▶ [PROMPT] Copy every line of the entries that has the string "last" in it.

▶ [DATA SUPPLIED]
-- ===== src/Handler/Process.antt =====
-- `process_request` and the handlers of crates/redis-web-runtime/src/handler.rs.
use redis_web.Prelude.{
  ℕ, Bool, true, false, not, ◌||◌, ◌&&◌, Option, none, some, List, [], ◌∷◌, ◌++◌, if◌then◌else◌,
  Result, ok, err,
}
use redis_web.Text.{Bytes, codes, crlf, eq_bytes}
use redis_web.Text.Ascii.{eq_ignore_ascii_case}
use redis_web.Text.Search.{trim_start_matches}
use redis_web.Resp.Reply.{Value, value_to_resp}
use redis_web.Http.Json.{Json, string}
use redis_web.Http.Response.{
  Response, header, header_insert, content_type, etag_name, allow_origin, with_cors, typed, untyped,
}
use redis_web.Format.{Params, OutputFormat, json, raw, text, select_jsonp_callback}
use redis_web.Format.Reply.{json_value_response, format_response, error_json}
use redis_web.Request.{
  ParseRequestInput, ParsedRequest, ExecutableCommand, RequestParseError, empty_command,
  invalid_database_index, missing_command_after_database_prefix, invalid_command,
  parse_http_request,
}
use redis_web.Acl.{Acl, check_auth}
use redis_web.Handler.Convert.{redis_value_to_json, redis_value_to_bytes, parse_info_output}

-- `CommandExecutionError` of interfaces.rs
pub data CommandExecutionError : Type 0 where
  service_unavailable execution_failed : Bytes → CommandExecutionError

-- its `Display`
abbrev pub error_text : CommandExecutionError → Bytes
error_text (service_unavailable message) = message
error_text (execution_failed message) = message

abbrev error_status : CommandExecutionError → ℕ
error_status (service_unavailable _) = 503
error_status (execution_failed _) = 500

abbrev pub Execution : Type 0
Execution = Result CommandExecutionError Value

pub request_parse_error_message : RequestParseError → Bytes
request_parse_error_message empty_command = codes "Empty command"
request_parse_error_message invalid_database_index =
    codes "Invalid database index in path. Expected 0-255 for /<db>/<COMMAND>/..."
request_parse_error_message missing_command_after_database_prefix =
    codes "Missing command after database prefix"
request_parse_error_message (invalid_command message) = message

-- What a handler passes on: the path without its leading slashes, the query, the body of a POST or
-- PUT, and the headers that the code reads (those that `to_str` accepts).
pub record HttpRequest (Ip : Type 0) : Type 0 where
  pub command : Bytes
  pub params : Params
  pub body : Option Bytes
  pub client_ip : Ip
  pub authorization : Option Bytes
  pub if_none_match : Option Bytes

-- What the program does not implement: JSON text, the hash (in hexadecimal), the test of a header
-- value, addresses, and the backend, whose state `S` a command changes.
pub record Host : Type 1 where
  pub Ip : Type 0
  pub Net : Type 0
  pub S : Type 0
  pub net_contains : Net → Ip → Bool
  pub base64_decode : Bytes → Option Bytes
  pub json_to_string : Json → Bytes
  pub sha1_hex : Bytes → Bytes
  pub header_value : Bytes → Bool
  pub execute : ExecutableCommand → S → Execution × S

-- The code returns early, goes on to the last lines, or panics.
pub data Flow : Type 0 where
  returns continues : Response → Flow
  panics : Flow

abbrev concat_all : List Bytes → Bytes
concat_all [] = []
concat_all (s ∷ ss) = s ++ concat_all ss

abbrev or_empty : Option Bytes → Bytes
or_empty none = []
or_empty (some s) = s

abbrev first_is : List Bytes → Bytes → Bool
first_is [] t = false
first_is (a ∷ _) t = eq_ignore_ascii_case a t

-- the INFO command, and CLUSTER INFO
abbrev is_info : ExecutableCommand → Bool
is_info c =
    eq_ignore_ascii_case c.command_name (codes "INFO")
    || (eq_ignore_ascii_case c.command_name (codes "CLUSTER") && first_is c.args (codes "INFO"))

abbrev info_value : ExecutableCommand → Json → Json
info_value c (string s) = if is_info c then parse_info_output s else string s
info_value c v = v

pub record AppState (Net : Type 0) : Type 0 where
  pub default_database : ℕ
  pub acl : Acl Net

-- the answer to every preflight request
unfoldable pub handle_options : Response
handle_options = record {
  status = 200;
  headers =
      (allow_origin, codes "*")
      ∷ (codes "access-control-allow-methods", codes "GET, POST, PUT, OPTIONS")
      ∷ (codes "access-control-allow-headers", codes "*")
      ∷ [];
  body = [];
}

module _ (host : Host) where
  open host use {
    Ip, Net, S, net_contains, base64_decode, json_to_string, sha1_hex, header_value, execute,
  }

  -- `format!("\"{:x}\"", hasher.finalize())` over the updates so far
  abbrev pub etag_of : Bytes → Bytes
  etag_of digested = b'"' ∷ (sha1_hex digested ++ codes "\"")

  abbrev pub not_modified : Bytes → Response
  not_modified tag = with_cors (header_insert etag_name tag (untyped 304 []))

  abbrev tag_matches : Option Bytes → Bytes → Bool
  tag_matches none tag = false
  tag_matches (some sent) tag = eq_bytes sent tag

  -- The ETag of a GET, and the early return if the client has it. Either way `tag.parse().unwrap()`
  -- panics if the tag cannot be the value of a header. (The other `unwrap`s of the builders are of texts
  -- that are written in the code.)
  unfoldable pub with_etag : Bool → Bytes → Option Bytes → Response → Flow
  with_etag enabled digested if_none_match resp =
      if enabled
      then (if not (header_value (etag_of digested))
          then panics
          else if tag_matches if_none_match (etag_of digested)
          then returns (not_modified (etag_of digested))
          else continues (header_insert etag_name (etag_of digested) resp))
      else continues resp

  abbrev command_digest : ParsedRequest → Bytes
  command_digest p = p.command.command_name ++ concat_all p.command.args

  abbrev pub text_bytes : ParsedRequest → Option Bytes → Option Bytes → Flow
  text_bytes p if_none_match none = returns (
      json_value_response json_to_string 500
        (error_json json_to_string (codes "Text output supports only string/binary Redis replies"))
        none)
  text_bytes p if_none_match (some bytes) =
      with_etag p.etag_enabled (command_digest p ++ bytes) if_none_match (untyped 200 bytes)

  unfoldable pub text_flow : ParsedRequest → Option Bytes → Value → Flow
  text_flow p if_none_match val = text_bytes p if_none_match (redis_value_to_bytes val)

  unfoldable pub json_flow : ParsedRequest → Option Bytes → Value → Flow
  json_flow p if_none_match val =
      let json_val = info_value p.command (redis_value_to_json val) in
      with_etag p.etag_enabled
        (command_digest p ++ (or_empty p.jsonp_callback ++ json_to_string json_val)) if_none_match
        (format_response json_to_string p.output_format p.command.command_name json_val
          p.jsonp_callback)

  abbrev pub ok_flow : OutputFormat → ParsedRequest → Option Bytes → Value → Flow
  ok_flow raw p if_none_match val = continues (typed 200 (codes "text/plain") (value_to_resp val))
  ok_flow text p if_none_match val = text_flow p if_none_match val
  ok_flow json p if_none_match val = json_flow p if_none_match val

  abbrev pub error_flow : OutputFormat → ParsedRequest → CommandExecutionError → Flow
  error_flow raw p error =
      continues (typed 200 (codes "text/plain") (codes "-ERR " ++ (error_text error ++ crlf)))
  error_flow text p error =
      continues (typed (error_status error) (codes "text/plain") (error_text error))
  error_flow json p error = continues (
      json_value_response json_to_string (error_status error)
        (error_json json_to_string (error_text error)) p.jsonp_callback)

  abbrev pub execution_flow : ParsedRequest → Option Bytes → Execution → Flow
  execution_flow p if_none_match (ok val) = ok_flow p.output_format p if_none_match val
  execution_flow p if_none_match (err error) = error_flow p.output_format p error

  abbrev pub extension_type : Option Bytes → Option Bytes → Response → Response
  extension_type (some ct) none r = header_insert content_type ct r
  extension_type _ _ r = r

  abbrev pub unless_jsonp : Option Bytes → Option Bytes → Response → Response
  unless_jsonp none ext r = extension_type ext (header content_type r) r
  unless_jsonp (some _) ext r = r

  -- The last lines: CORS, and the content type; `none` is the panic of `ct.parse().unwrap()`.
  abbrev pub override_type : Option Bytes → ParsedRequest → Response → Option Response
  override_type (some ct) p r =
      if header_value ct then some (header_insert content_type ct r) else none
  override_type none p r = some (unless_jsonp p.jsonp_callback p.extension_content_type r)

  unfoldable pub finish : ParsedRequest → Flow → Option Response
  finish p panics = none
  finish p (returns r) = some r
  finish p (continues r) = override_type p.content_type_override p (with_cors r)

  abbrev pub forbidden : ParsedRequest → Response
  forbidden p =
      json_value_response json_to_string 403 (error_json json_to_string (codes "Forbidden"))
        p.jsonp_callback

  abbrev pub bad_request : Params → RequestParseError → Response
  bad_request params error =
      json_value_response json_to_string 400
        (error_json json_to_string (request_parse_error_message error))
        (select_jsonp_callback params)

  abbrev is_none {ℓ} : {A : Type ℓ} → Option A → Bool
  is_none none = true
  is_none (some _) = false

  abbrev pub input_of : AppState Net → HttpRequest Ip → ParseRequestInput
  input_of state req = record {
    command_path = req.command;
    params = req.params;
    default_database = state.default_database;
    body = req.body;
    etag_enabled = is_none req.body;
  }

  abbrev pub is_authorized : AppState Net → HttpRequest Ip → ParsedRequest → Bool
  is_authorized state req p =
      check_auth net_contains base64_decode state.acl
        (record { client_ip = req.client_ip; authorization = req.authorization })
        p.command.command_name

  -- An accepted request: the check, the execution, the response.
  unfoldable pub run_request :
      AppState Net → HttpRequest Ip → ParsedRequest → S → Option Response × S
  unfolding finish
  run_request state req p s =
      if is_authorized state req p
      then (let (execution, s') = execute p.command s in
          (finish p (execution_flow p req.if_none_match execution), s'))
      else (some (forbidden p), s)

  unfoldable pub process_request : AppState Net → HttpRequest Ip → S → Option Response × S
  process_request state req s = elim (parse_http_request (input_of state req)) [
    | err error ↦ (some (bad_request req.params error), s)
    | ok p ↦ run_request state req p s
  ]

  -- `handle_get`, `handle_post` and `handle_put` take the path of the URI and the body, if they read one.
  unfoldable pub handle_get : AppState Net → Bytes → HttpRequest Ip → S → Option Response × S
  handle_get state path req =
      process_request state (record req { command = trim_start_matches b'/' path; body = none })

  unfoldable pub handle_post :
      AppState Net → Bytes → Bytes → HttpRequest Ip → S → Option Response × S
  handle_post state path body req =
      process_request state
        (record req { command = trim_start_matches b'/' path; body = some body })

  unfoldable handle_default_root : AppState Net → Bytes → HttpRequest Ip → S → Option Response × S
  handle_default_root state default_root req =
      process_request state (record req { command = default_root; body = none })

▶ [EXERCISE OUTPUT]
-- The code returns early, goes on to the last lines, or panics.
  -- The last lines: CORS, and the content type; `none` is the panic of `ct.parse().unwrap()`.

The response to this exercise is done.